* About this exercise: Make an exact copy of the lines starting at the top of the listing below and ending at the line that contains "ir_type_is_unsigned _ = false", inclusive.

* Material supplied:
-- ===== src/ConstFold.antt =====
-- The folding of one instruction in the constant-folding pass (src/middleend/ir_constfold.c).
-- An int64_t is its 64-bit pattern, so the casts to and from uint64_t are the identity; `v & mask`
-- with mask 2 ^ bits - 1 is `v % 2 ^ bits`, and `u |= ~mask` on a masked u adds 2 ^ 64 - 2 ^ bits.
-- An output pointer with a success flag is an `Option`.
pub mod Trunc
pub mod Arith
pub mod Inst
pub mod Pass
pub mod Preserves
use baa.Base.{
  ℕ, ◌+◌, ◌-◌, ◌/◌, ◌%◌, ◌^◌, Bool, true, false, not, ◌&&◌, ◌||◌, Option, none, some, List, [], ◌∷◌,
  if◌then◌else◌, ◌==◌, ltb, leb,
}
use baa.Base.Word.{add64, sub64, mul64, sdiv64, srem64, slt64}
use baa.Ir.Types.{IrType, ir_type_bits}
use baa.Ir.Inst.{IrOp, IrCmpPred, IrValueData, IrValue, IrInst}
use baa.Ir.Build.{or_i64, ir_value_const_int}

unfoldable pub is_int_type : Option IrType → Bool
is_int_type (some IrType.i1) = true
is_int_type (some IrType.i8) = true
is_int_type (some IrType.i16) = true
is_int_type (some IrType.i32) = true
is_int_type (some IrType.i64) = true
is_int_type (some IrType.u8) = true
is_int_type (some IrType.u16) = true
is_int_type (some IrType.u32) = true
is_int_type (some IrType.u64) = true
is_int_type _ = false

unfoldable pub ir_type_is_unsigned : Option IrType → Bool
ir_type_is_unsigned (some IrType.u8) = true
ir_type_is_unsigned (some IrType.u16) = true
ir_type_is_unsigned (some IrType.u32) = true
ir_type_is_unsigned (some IrType.u64) = true
ir_type_is_unsigned _ = false

abbrev pub is_i1 : Option IrType → Bool
is_i1 (some IrType.i1) = true
is_i1 _ = false

-- Mask to a width below 64, then extend by the sign or by zeros.
unfoldable pub mask_extend : Bool → ℕ → ℕ → ℕ
mask_extend is_unsigned bits v =
    let u = v % 2 ^ bits in
    if is_unsigned then u else if leb (2 ^ (bits - 1)) u then u + (2 ^ 64 - 2 ^ bits) else u

unfoldable pub trunc_wrap_to_type : ℕ → Option IrType → ℕ
unfolding is_int_type ir_type_is_unsigned mask_extend ir_type_bits
trunc_wrap_to_type v t =
    if not (is_int_type t)
    then v
    else if is_i1 t
    then if v == 0 then 0 else 1
    else let bits = ir_type_bits t in
      if bits == 0 || leb 64 bits then v else mask_extend (ir_type_is_unsigned t) bits v

unfoldable pub new_const_for_type : ℕ → Option IrType → IrValue
unfolding ir_value_const_int
new_const_for_type v t = ir_value_const_int (trunc_wrap_to_type v t) t

abbrev pub int64_min : ℕ
int64_min = 2 ^ 63

abbrev pub minus_one : ℕ
minus_one = 2 ^ 64 - 1

-- `none` is a failure to fold.
unfoldable pub try_fold_arith : IrOp → Option IrType → ℕ → ℕ → Option ℕ
unfolding ir_type_is_unsigned
try_fold_arith IrOp.add type lhs rhs = some (add64 lhs rhs)
try_fold_arith IrOp.sub type lhs rhs = some (sub64 lhs rhs)
try_fold_arith IrOp.mul type lhs rhs = some (mul64 lhs rhs)
try_fold_arith IrOp.div type lhs rhs =
    if rhs == 0
    then none
    else if ir_type_is_unsigned type
    then some (lhs / rhs)
    else if lhs == int64_min && rhs == minus_one
    then some int64_min
    else some (sdiv64 lhs rhs)
try_fold_arith IrOp.rem type lhs rhs =
    if rhs == 0
    then none
    else if ir_type_is_unsigned type
    then some (lhs % rhs)
    else if lhs == int64_min && rhs == minus_one
    then some 0
    else some (srem64 lhs rhs)
try_fold_arith _ type lhs rhs = none

unfoldable pub eval_cmp : IrCmpPred → ℕ → ℕ → Bool
eval_cmp IrCmpPred.eq lhs rhs = lhs == rhs
eval_cmp IrCmpPred.ne lhs rhs = not (lhs == rhs)
eval_cmp IrCmpPred.gt lhs rhs = slt64 rhs lhs
eval_cmp IrCmpPred.lt lhs rhs = slt64 lhs rhs
eval_cmp IrCmpPred.ge lhs rhs = not (slt64 lhs rhs)
eval_cmp IrCmpPred.le lhs rhs = not (slt64 rhs lhs)
eval_cmp IrCmpPred.ugt lhs rhs = ltb rhs lhs
eval_cmp IrCmpPred.ult lhs rhs = ltb lhs rhs
eval_cmp IrCmpPred.uge lhs rhs = leb rhs lhs
eval_cmp IrCmpPred.ule lhs rhs = leb lhs rhs

-- What a folded instruction leaves: its register, the type and the value.
pub record Folded : Type 0 where
  pub reg : ℕ
  pub type : Option IrType
  pub value : ℕ

abbrev pub const_of : IrValueData → Option ℕ
const_of (IrValueData.const_int c) = some c
const_of _ = none

abbrev pub both : Option ℕ → Option ℕ → Option (ℕ × ℕ)
both (some a) (some b) = some (a, b)
both _ _ = none

-- The first two operands, if both are integer constants.
abbrev pub first_consts : List IrValue → Option (ℕ × ℕ)
first_consts (a ∷ b ∷ _) = both (const_of a.payload) (const_of b.payload)
first_consts _ = none

abbrev pub is_f64 : Option IrType → Bool
is_f64 (some IrType.f64) = true
is_f64 _ = false

abbrev pub f64_operand : List IrValue → Bool
f64_operand (a ∷ b ∷ _) = is_f64 a.type || is_f64 b.type
f64_operand _ = false

abbrev pub to_int : Bool → ℕ
to_int true = 1
to_int false = 0

unfoldable pub arith_folded : ℕ → Option IrType → Option ℕ → Option Folded
arith_folded dest t none = none
arith_folded dest t (some v) =
    some (record { reg = dest; type = t; value = trunc_wrap_to_type v t })

unfoldable pub fold_arith : IrInst → ℕ → Option (ℕ × ℕ) → Option Folded
fold_arith inst dest none = none
fold_arith inst dest (some (a, b)) =
    let t = or_i64 inst.type in
    if is_int_type t then arith_folded dest t (try_fold_arith inst.op t a b) else none

unfoldable pub fold_cmp : IrInst → ℕ → Option (ℕ × ℕ) → Option Folded
fold_cmp inst dest none = none
fold_cmp inst dest (some (a, b)) =
    if f64_operand inst.operands
    then none
    else some
        (record { reg = dest; type = some IrType.i1; value = to_int (eval_cmp inst.cmp_pred a b) })

-- The operations that the pass folds.
unfoldable pub fold_op : IrOp → IrInst → ℕ → Option Folded
fold_op IrOp.add inst dest = fold_arith inst dest (first_consts inst.operands)
fold_op IrOp.sub inst dest = fold_arith inst dest (first_consts inst.operands)
fold_op IrOp.mul inst dest = fold_arith inst dest (first_consts inst.operands)
fold_op IrOp.div inst dest = fold_arith inst dest (first_consts inst.operands)
fold_op IrOp.rem inst dest = fold_arith inst dest (first_consts inst.operands)
fold_op IrOp.cmp inst dest = fold_cmp inst dest (first_consts inst.operands)
fold_op _ inst dest = none

unfoldable pub ir_try_fold_inst : IrInst → Option Folded
ir_try_fold_inst inst = elim inst.dest [ none ↦ none | some d ↦ fold_op inst.op inst d ]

* Completed exercise:
-- ===== src/ConstFold.antt =====
-- The folding of one instruction in the constant-folding pass (src/middleend/ir_constfold.c).
-- An int64_t is its 64-bit pattern, so the casts to and from uint64_t are the identity; `v & mask`
-- with mask 2 ^ bits - 1 is `v % 2 ^ bits`, and `u |= ~mask` on a masked u adds 2 ^ 64 - 2 ^ bits.
-- An output pointer with a success flag is an `Option`.
pub mod Trunc
pub mod Arith
pub mod Inst
pub mod Pass
pub mod Preserves
use baa.Base.{
  ℕ, ◌+◌, ◌-◌, ◌/◌, ◌%◌, ◌^◌, Bool, true, false, not, ◌&&◌, ◌||◌, Option, none, some, List, [], ◌∷◌,
  if◌then◌else◌, ◌==◌, ltb, leb,
}
use baa.Base.Word.{add64, sub64, mul64, sdiv64, srem64, slt64}
use baa.Ir.Types.{IrType, ir_type_bits}
use baa.Ir.Inst.{IrOp, IrCmpPred, IrValueData, IrValue, IrInst}
use baa.Ir.Build.{or_i64, ir_value_const_int}

unfoldable pub is_int_type : Option IrType → Bool
is_int_type (some IrType.i1) = true
is_int_type (some IrType.i8) = true
is_int_type (some IrType.i16) = true
is_int_type (some IrType.i32) = true
is_int_type (some IrType.i64) = true
is_int_type (some IrType.u8) = true
is_int_type (some IrType.u16) = true
is_int_type (some IrType.u32) = true
is_int_type (some IrType.u64) = true
is_int_type _ = false

unfoldable pub ir_type_is_unsigned : Option IrType → Bool
ir_type_is_unsigned (some IrType.u8) = true
ir_type_is_unsigned (some IrType.u16) = true
ir_type_is_unsigned (some IrType.u32) = true
ir_type_is_unsigned (some IrType.u64) = true
ir_type_is_unsigned _ = false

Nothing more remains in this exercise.